In multiple tournaments I have shot in the past, including Nationals and Sectionals, we shot 2x2 most of the time (excepting fans), and we NEVER even went longer than 5 hours...let alone 6 or 7. So what is this "rush job" if it takes less than 7 hours NOW? We shoot the same number of arrows, the same number of people in a group. There are FEWER shooters in the tournaments, and the ranges are the same...and lots of the newer ones are flatter than in the past.

So, what gives that now, all of a sudden people NEED more than 6 and push 7 or more hours for the same thing they did in under 5 just a few years ago?

The bows are supposedly more accurate, the arrows are allowing people to shoot with more speed, and the bows are also way easier to pull back and hold than they were in the past.

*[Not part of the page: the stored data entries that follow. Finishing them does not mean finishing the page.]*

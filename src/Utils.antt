-- ===== src/Utils.antt =====
-- rust_driver/src/utils.rs: the arithmetic of packets and of aligned buffers. (The memory buffers
-- of that file, which call the allocator and the operating system, are not modelled.)
pub mod Packets
pub mod Align
mod Tests
use mathlib.Core.List.{foldl}
use dtld_rdma_driver.Base.{
  ℕ, ◌+◌, ◌-◌, ◌*◌, ◌/◌, ◌%◌, ◌^◌, min, List, add64, mul64, sub64, u32, div_ceil,
}
use dtld_rdma_driver.Types.{Pmtu, pmtu_bytes}

-- `get_first_packet_max_length`. The offset is below `pmtu`, so the cast to `u32` keeps it.
unfoldable pub get_first_packet_max_length : ℕ → ℕ → ℕ
get_first_packet_max_length va pmtu = let offset = u32 (va % pmtu) in pmtu - offset

-- `calculate_packet_cnt`
unfoldable pub calculate_packet_cnt : Pmtu → ℕ → ℕ → ℕ
unfolding get_first_packet_max_length
calculate_packet_cnt pmtu raddr total_len =
    let first_pkt_max_len = get_first_packet_max_length raddr (pmtu_bytes pmtu) in
    let first_pkt_len = min total_len first_pkt_max_len in
    1 + div_ceil (total_len - first_pkt_len) (pmtu_bytes pmtu)

-- `u8_slice_to_u64`: the shift drops what leaves the 64 bits.
unfoldable pub u8_slice_to_u64 : List ℕ → ℕ
u8_slice_to_u64 slice = foldl (λ a b. add64 (mul64 a (2 ^ 8)) b) 0 slice

-- `align_up::<PAGE>`
unfoldable pub align_up : ℕ → ℕ → ℕ
align_up page addr = mul64 (add64 addr (page - 1) / page) page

TO ME...I find it unacceptable to take over 5 (maybe give to 5.5) hours to shoot a 28 target field or hunter round....that is ridiculous, IMHO. People pee and moan about being out there all day...but they are the perpetrators of the entire problem...they want to shoot faster and take longer...so now they are going aftef FEWER arrows and targets...and will end up taking the same amount of time for LESS...until someone (we) put the foot down and call it enough and establish a ROUND TIME LIMIT...put it where you will...make it 6 hours...fine...but the ROUND TIME LIMIT is going to be coming....if it doesn't, then people better start planning now to be out from 9AM til dark...cuz some people will start to push it that far.

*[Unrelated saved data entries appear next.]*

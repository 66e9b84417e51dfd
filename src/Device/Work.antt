-- ===== src/Device/Work.antt =====
-- The work descriptors: what the host asks of the card and what the card reports
-- (rust_driver/src/device/types.rs). Addresses, keys and numbers of queue pairs and messages are
-- plain numbers; a box is its content.
use dtld_rdma_driver.Base.{ℕ, ◌+◌, Bool, true, false, Option, some, none}
use dtld_rdma_driver.Types.{Pmtu, mtu256, QpType, rc as reliable}

pub record DescSge : Type 0 where
  pub addr : ℕ
  pub len : ℕ
  pub key : ℕ

abbrev pub sge_default : DescSge
sge_default = record { addr = 0; len = 0; key = 0 }

pub record ToCardWorkRbDescCommon : Type 0 where
  pub total_len : ℕ
  pub raddr : ℕ
  pub rkey : ℕ
  pub dqp_ip : ℕ
  pub dqpn : ℕ
  pub mac_addr : ℕ
  pub pmtu : Pmtu
  pub flags : ℕ
  pub qp_type : QpType
  pub psn : ℕ
  pub msn : ℕ

abbrev pub common_default : ToCardWorkRbDescCommon
common_default = record {
  total_len = 0;
  raddr = 0;
  rkey = 0;
  dqp_ip = 0;
  dqpn = 0;
  mac_addr = 0;
  pmtu = mtu256;
  flags = 0;
  qp_type = reliable;
  psn = 0;
  msn = 0;
}

pub record ToCardWorkRbDescRead : Type 0 where
  pub common : ToCardWorkRbDescCommon
  pub sge : DescSge

pub record ToCardWorkRbDescWrite : Type 0 where
  pub common : ToCardWorkRbDescCommon
  pub is_last : Bool
  pub is_first : Bool
  pub sge0 : DescSge
  pub sge1 : Option DescSge
  pub sge2 : Option DescSge
  pub sge3 : Option DescSge

pub record ToCardWorkRbDescWriteWithImm : Type 0 where
  pub common : ToCardWorkRbDescCommon
  pub is_last : Bool
  pub is_first : Bool
  pub imm : ℕ
  pub sge0 : DescSge
  pub sge1 : Option DescSge
  pub sge2 : Option DescSge
  pub sge3 : Option DescSge

pub data ToCardWorkRbDesc : Type 0 where
  read : ToCardWorkRbDescRead → ToCardWorkRbDesc
  write : ToCardWorkRbDescWrite → ToCardWorkRbDesc
  write_with_imm : ToCardWorkRbDescWriteWithImm → ToCardWorkRbDesc
  read_resp : ToCardWorkRbDescWrite → ToCardWorkRbDesc

abbrev has : Option DescSge → ℕ
has (some _) = 1
has none = 0

-- How many slots of the ring a descriptor takes.
unfoldable pub serialized_desc_cnt : ToCardWorkRbDesc → ℕ
serialized_desc_cnt (read _) = 2 + 1
serialized_desc_cnt (write d) = 2 + (1 + has d.sge2)
serialized_desc_cnt (read_resp d) = 2 + (1 + has d.sge2)
serialized_desc_cnt (write_with_imm d) = 2 + (1 + has d.sge2)

pub data ToHostWorkRbDescStatus : Type 0 where
  normal inv_acc_flag inv_opcode inv_mr_key inv_mr_region unknown : ToHostWorkRbDescStatus

unfoldable pub is_ok : ToHostWorkRbDescStatus → Bool
is_ok normal = true
is_ok _ = false

pub data ToHostWorkRbDescTransType : Type 0 where
  rc uc rd ud cnp xrc dtld_extended : ToHostWorkRbDescTransType

pub data ToHostWorkRbDescWriteType : Type 0 where
  first middle last only : ToHostWorkRbDescWriteType

pub data ToHostWorkRbDescAethCode : Type 0 where
  ack rnr rsvd nak : ToHostWorkRbDescAethCode

pub record ToHostWorkRbDescCommon : Type 0 where
  pub status : ToHostWorkRbDescStatus
  pub trans : ToHostWorkRbDescTransType
  pub dqpn : ℕ
  pub msn : ℕ
  pub expected_psn : ℕ

pub record ToHostWorkRbDescRead : Type 0 where
  pub common : ToHostWorkRbDescCommon
  pub len : ℕ
  pub laddr : ℕ
  pub lkey : ℕ
  pub raddr : ℕ
  pub rkey : ℕ

pub record ToHostWorkRbDescWriteOrReadResp : Type 0 where
  pub common : ToHostWorkRbDescCommon
  pub is_read_resp : Bool
  pub write_type : ToHostWorkRbDescWriteType
  pub psn : ℕ
  pub addr : ℕ
  pub len : ℕ
  pub can_auto_ack : Bool

pub record ToHostWorkRbDescAck : Type 0 where
  pub common : ToHostWorkRbDescCommon
  pub msn : ℕ
  pub psn : ℕ
  pub retry_psn : ℕ
  pub code : ToHostWorkRbDescAethCode
  pub value : ℕ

The org wants to shorten the time limit for the indoor rounds and "rush" those...while at the same time slowing down the outdoors..and calling it a "rush job" if it is less than 7 hours.....doesn't make any sense.

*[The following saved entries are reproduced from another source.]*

-- ===== src/Safety/Reports.antt =====
-- The reports of apps/api/src/safety/safety.service.ts.
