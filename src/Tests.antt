-- ===== src/Tests.antt =====
-- A small market, and the theorems at it.
pub mod Data
pub mod Examples
pub mod Payments
pub mod Jobs
pub mod Webhooks
pub mod Products
pub mod Toss
pub mod Safety
pub mod Chats
pub mod Accounts
pub mod Admin
pub mod Sessions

The org should mayhaps tell people to plan on being on the range ALL DAY...from 9AM 'til near dark...so that they can fill up their cool stools and portable units. That way, those that really don't want to be on the range "all day long" can better prepare for the inevitable. We certainly don't want to "hear" or listen to people whining and complaining about being out on the range in the heat and humidity "all day long" now do we? Could use hearing protectors or shut off the sound receptors.

field14


----------



## field14 (May 21, 2002)

CHPro said:


> So you're saying you just have to leave that arrow in the target butt someplace and go on shooting . I'm referring to places where pass-thrus can be pushed back, like Nationals, and other locations where the shooting lanes are not set up as a permanent wall (i.e. archery shops and clubs). Most of those places with the permanent walls its not an issue since the plywood and/or rubber backing behind the bales is usually sufficient to keep the arrow from passing completely through .
> 
> >>------>


What to do about bales falling over forwards....and those arrows being totally displaced and some destroyed...and then "counting" them as they lie when the bale is picked back up? That isn't/wasn't right either. Those arrows were totally disturbed and it was no fault of the shooters involved...but they lost the points AND their expensive arrows to boot.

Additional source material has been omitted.